Ground elder. This is another problem weed but at least it is low so can often be sprayed. It can also be dug out and it is best to do this in dry weather in summer. It has creeping stems, just below the surface, that invade clumps of plants. When you dig it up these snap and leave bits behind but when it is dry and wilting the stems are less brittle and easier to remove.


This is the best way to control annual weeds, chopping them off at the surface. If they have not set seed they can be left to wilt but otherwise rake them off and compost them. Hoeing also keeps the soil surface dry and loose to prevent other seeds germinating and prevents moss and liverwort. Keep your hoe handy and hoe off weeds regularly.

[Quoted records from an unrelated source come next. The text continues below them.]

-- ===== src/Retrieval/Consistency/Totals.antt =====
-- The entries of the documents: the sums and counts of their scores, and their order.
use mathlib.Core.Option.{none-ne-some, some-injective}
use audit_flow_ai.Base.{
  ℕ, ◌+◌, String, true, false, ◌≡◌, refl, sym, ap, ◌∙◌, Option, none, some, List, [], ◌∷◌, map,
  ◌==◌, if◌then◌else◌, Bool-cases, eq_iff, eq_refl, arith, inl, inr, All, is_empty, length, In,
}
use audit_flow_ai.Base.Dict.{get, put, keys, contains, get-put}
use audit_flow_ai.Base.Keys.{IsDistinct, key_of, IsDistinct-put, IsDistinct-get, contains-keys}
use audit_flow_ai.Base.Sorting.{sort_desc, All-sort_desc, contains-sort_desc}
use audit_flow_ai.Schemas.Floats.{Floats}
use audit_flow_ai.Retrieval.Consistency.{
  Stats, Scored, Entries, add_score, scores_by_doc, breakdown, scores_of, sum_from, total_of,
  score_of, doc_of,
}

module _ (F : Floats) where
  stats_from : List F.Float → Option (Stats F.Float) → Option (Stats F.Float)
  stats_from [] old = old
  stats_from (y ∷ ys) old = stats_from ys (some (add_score F old y))

  get-scores_by_doc :
      (doc : String) (results : List (Scored F)) (entries : Entries F)
      → get doc (scores_by_doc F results entries)
        ≡ stats_from (scores_of F doc results) (get doc entries)
  unfolding scores_by_doc stats_from scores_of
  get-scores_by_doc doc [] entries = refl
  get-scores_by_doc doc ((c, y) ∷ results) entries =
      let x = add_score F (get c.document_id entries) y in
      elim (Bool-cases (c.document_id == doc)) [
        | inl e ↦
            let same = (eq_iff c.document_id doc).0 e in
            rw (e, scores_of)
              (get-scores_by_doc doc results (put c.document_id x entries)
                ∙ ap (stats_from (scores_of F doc results))
                    (rw (get-put c.document_id doc x entries, e, same) refl))
        | inr e ↦
            rw (e, scores_of)
              (get-scores_by_doc doc results (put c.document_id x entries)
                ∙ ap (stats_from (scores_of F doc results))
                    (rw (get-put c.document_id doc x entries, e) refl))
      ]

  stats_from-some :
      (ys : List F.Float) (e : Stats F.Float)
      → stats_from ys (some e)
        ≡ some (record {
          total_score = sum_from F e.total_score ys;
          chunk_count = e.chunk_count + length ys;
        })
  unfolding stats_from sum_from add_score
  stats_from-some [] e =
      ap (λ n. some (record { total_score = e.total_score; chunk_count = n })) (omega arith)
  stats_from-some (y ∷ ys) e =
      stats_from-some ys (add_score F (some e) y)
      ∙ ap
          (λ n.
            some (record { total_score = sum_from F (F.add e.total_score y) ys; chunk_count = n }))
          (omega arith)

  -- The entry of a document that has chunks
  abbrev expected : List (Scored F) → String → Stats F.Float
  expected results doc = record {
    total_score = total_of F results doc;
    chunk_count = length (scores_of F doc results);
  }

  stats_from-none :
      (ys : List F.Float)
      → stats_from ys none ≡ (
          if is_empty ys
          then none
          else some
              (record { total_score = sum_from F (F.decimal 0 0) ys; chunk_count = length ys }))
  unfolding stats_from sum_from add_score
  stats_from-none [] = refl
  stats_from-none (y ∷ ys) =
      stats_from-some ys (record { total_score = F.add (F.decimal 0 0) y; chunk_count = 1 })
      ∙ ap
          (λ n.
            some
              (record { total_score = sum_from F (F.add (F.decimal 0 0) y) ys; chunk_count = n }))
          (omega arith)

  -- the entries once the loop is through
  abbrev pub tallied : List (Scored F) → Entries F
  tallied results = scores_by_doc F results []

  get-tallied :
      (doc : String) (results : List (Scored F))
      → get doc (tallied results)
        ≡ (if is_empty (scores_of F doc results) then none else some (expected results doc))
  unfolding get
  get-tallied doc results =
      get-scores_by_doc doc results [] ∙ stats_from-none (scores_of F doc results)

  scores_by_doc-IsDistinct :
      (results : List (Scored F)) (entries : Entries F)
      → IsDistinct key_of entries
      → IsDistinct key_of (scores_by_doc F results entries)
  unfolding scores_by_doc
  scores_by_doc-IsDistinct [] entries h = h
  scores_by_doc-IsDistinct ((c, y) ∷ results) entries h =
      let x = add_score F (get c.document_id entries) y in
      scores_by_doc-IsDistinct results (put c.document_id x entries)
        (IsDistinct-put c.document_id x entries h)

  get-breakdown :
      (doc : String) (entries : Entries F) (n : ℕ) (x : F.Float)
      → get doc entries ≡ some (record { total_score = x; chunk_count = n })
      → get doc (breakdown F entries) ≡ some n
  unfolding breakdown get
  get-breakdown doc [] n x e = absurd (ground arith)
  get-breakdown doc ((k, s) ∷ entries) n x e = ground (arith, get-breakdown doc entries n x)

  get-breakdown-none :
      (doc : String) (entries : Entries F)
      → get doc entries ≡ none
      → get doc (breakdown F entries) ≡ none
  unfolding breakdown get
  get-breakdown-none doc [] e = refl
  get-breakdown-none doc ((k, s) ∷ entries) e = ground (arith, get-breakdown-none doc entries)

  pub breakdown_counts :
      (doc : String) (results : List (Scored F))
      → get doc (breakdown F (tallied results)) ≡ (
          if is_empty (scores_of F doc results)
          then none
          else some (length (scores_of F doc results)))
  breakdown_counts doc results = elim (Bool-cases (is_empty (scores_of F doc results))) [
    | inl e ↦ rw e (get-breakdown-none doc (tallied results) (get-tallied doc results ∙ rw e refl))
    | inr e ↦ rw e (
        get-breakdown doc (tallied results) (length (scores_of F doc results))
          (total_of F results doc) (get-tallied doc results ∙ rw e refl))
  ]

  has_scores :
      (r : Scored F) (results : List (Scored F))
      → In r results
      → is_empty (scores_of F r.0.document_id results) ≡ false
  unfolding scores_of
  has_scores r [] m = absurd m
  has_scores r ((c, y) ∷ results) (inl m) = rw (m, eq_refl c.document_id) refl
  has_scores r ((c, y) ∷ results) (inr m) = elim (Bool-cases (c.document_id == r.0.document_id)) [
    | inl e ↦ rw (e, scores_of) refl
    | inr e ↦ rw (e, scores_of) (has_scores r results m)
  ]

  -- `ranked_docs`
  abbrev pub ranked : List (Scored F) → Entries F
  ranked results = sort_desc F.ltb (score_of F) (tallied results)

  pub ranked_found :
      (results : List (Scored F))
      → All (λ item. get item.0 (tallied results) ≡ some item.1) (ranked results)
  ranked_found results =
      All-sort_desc F.ltb (score_of F) (λ item. get item.0 (tallied results) ≡ some item.1)
        (tallied results)
        (IsDistinct-get (tallied results) (scores_by_doc-IsDistinct results [] tt))

  docs-keys : (d : Entries F) → map (doc_of F) d ≡ keys d
  unfolding keys
  docs-keys [] = refl
  docs-keys ((k, s) ∷ d) = ap (◌∷◌ k) (docs-keys d)

  pub ranked_has :
      (r : Scored F) (results : List (Scored F))
      → In r results
      → contains (map (doc_of F) (ranked results)) r.0.document_id ≡ true
  ranked_has r results m =
      contains-sort_desc F.ltb (score_of F) (doc_of F) r.0.document_id (tallied results)
      ∙ ap (λ ids. contains ids r.0.document_id) (docs-keys (tallied results))
      ∙ contains-keys r.0.document_id (tallied results)
      ∙ rw (get-tallied r.0.document_id results, has_scores r results m) refl

  -- The entry of a document is what its scores come to.
  pub record Counted (results : List (Scored F)) (doc : String) (s : Stats F.Float) : Type 0 where
    pub total : s.total_score ≡ total_of F results doc
    pub count : s.chunk_count ≡ length (scores_of F doc results)
    pub some_chunk : is_empty (scores_of F doc results) ≡ false

  pub counted :
      (results : List (Scored F)) (doc : String) (s : Stats F.Float)
      → get doc (tallied results) ≡ some s
      → Counted results doc s
  counted results doc s e = elim (Bool-cases (is_empty (scores_of F doc results))) [
    | inl f ↦ absurd (none-ne-some s (sym (get-tallied doc results ∙ rw f refl) ∙ e))
    | inr f ↦
        let same : expected results doc ≡ s =
          some-injective (expected results doc) s (sym (get-tallied doc results ∙ rw f refl) ∙ e) in
        record {
          total = ap (λ x. x.total_score) (sym same);
          count = ap (λ x. x.chunk_count) (sym same);
          some_chunk = f;
        }
  ]

  -- What holds of the total of every ranked item holds of a document among them.
  pub ranked_total :
      (P : F.Float → Type 0) (doc : String) (results : List (Scored F)) (items : Entries F)
      → All (λ item. get item.0 (tallied results) ≡ some item.1) items
      → All (λ item. P (score_of F item)) items
      → contains (map (doc_of F) items) doc ≡ true
      → P (total_of F results doc)
  unfolding contains
  ranked_total P doc results [] found h m = absurd (ground arith)
  ranked_total P doc results ((k, s) ∷ items) found h m = elim (Bool-cases (k == doc)) [
    | inl e ↦
        rw (sym ((counted results doc s (rw (sym ((eq_iff k doc).0 e)) (found.0))).total)) (h.0)
    | inr e ↦ ranked_total P doc results items found.1 h.1 (ground (arith, m, e))
  ]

Covering the soil with a loose material can retain soil moisture and prevent annual weeds. But most mulches will not suppress perennials and these will grow through. Bark is a popular mulch but will not prevent nettles, bindweed or creeping buttercups growing. Garden compost and well-rotted manure can also contain weeds although they are better because they actually improve the soil and provide nutrients. Bark can actually deplete the nutrients in soil.

Weed fabric

These are usually laid and covered in bark, gravel or chippings. They will prevent weed growth but it is then impossible to improve the soil. If you cut holes to plant through any weeds often creep and sprout through the gaps, which looks awful. Bindweed and others can also move sideways and pop up at the edge of the fabric. But it is sensible for paths and areas that will not be planted.

Ground cover

The idea of planting ground cover to suppress weeds is delightful but it is not as easy as it seems. Firstly you must remove all perennial weeds before you plant – your new plants will not smother bindweed! And you need to get rid of annual weeds until the new plants cover the ground. Make sure your chosen plants will thrive in the site – there are ground cover plants for sun and for shade. It is always best to plant lots of small plants, about 30-40cm apart rather than a few large plants, for quick cover.

Hand weeding

It may be back breaking and slow but hand weeding is often the only way to keep on top of weeds. The big advantage is that it gives you the opportunity to observe your plants and spot any other problems as well as to enjoy them. You can hoe off annuals and dig out perennials to give a thorough job.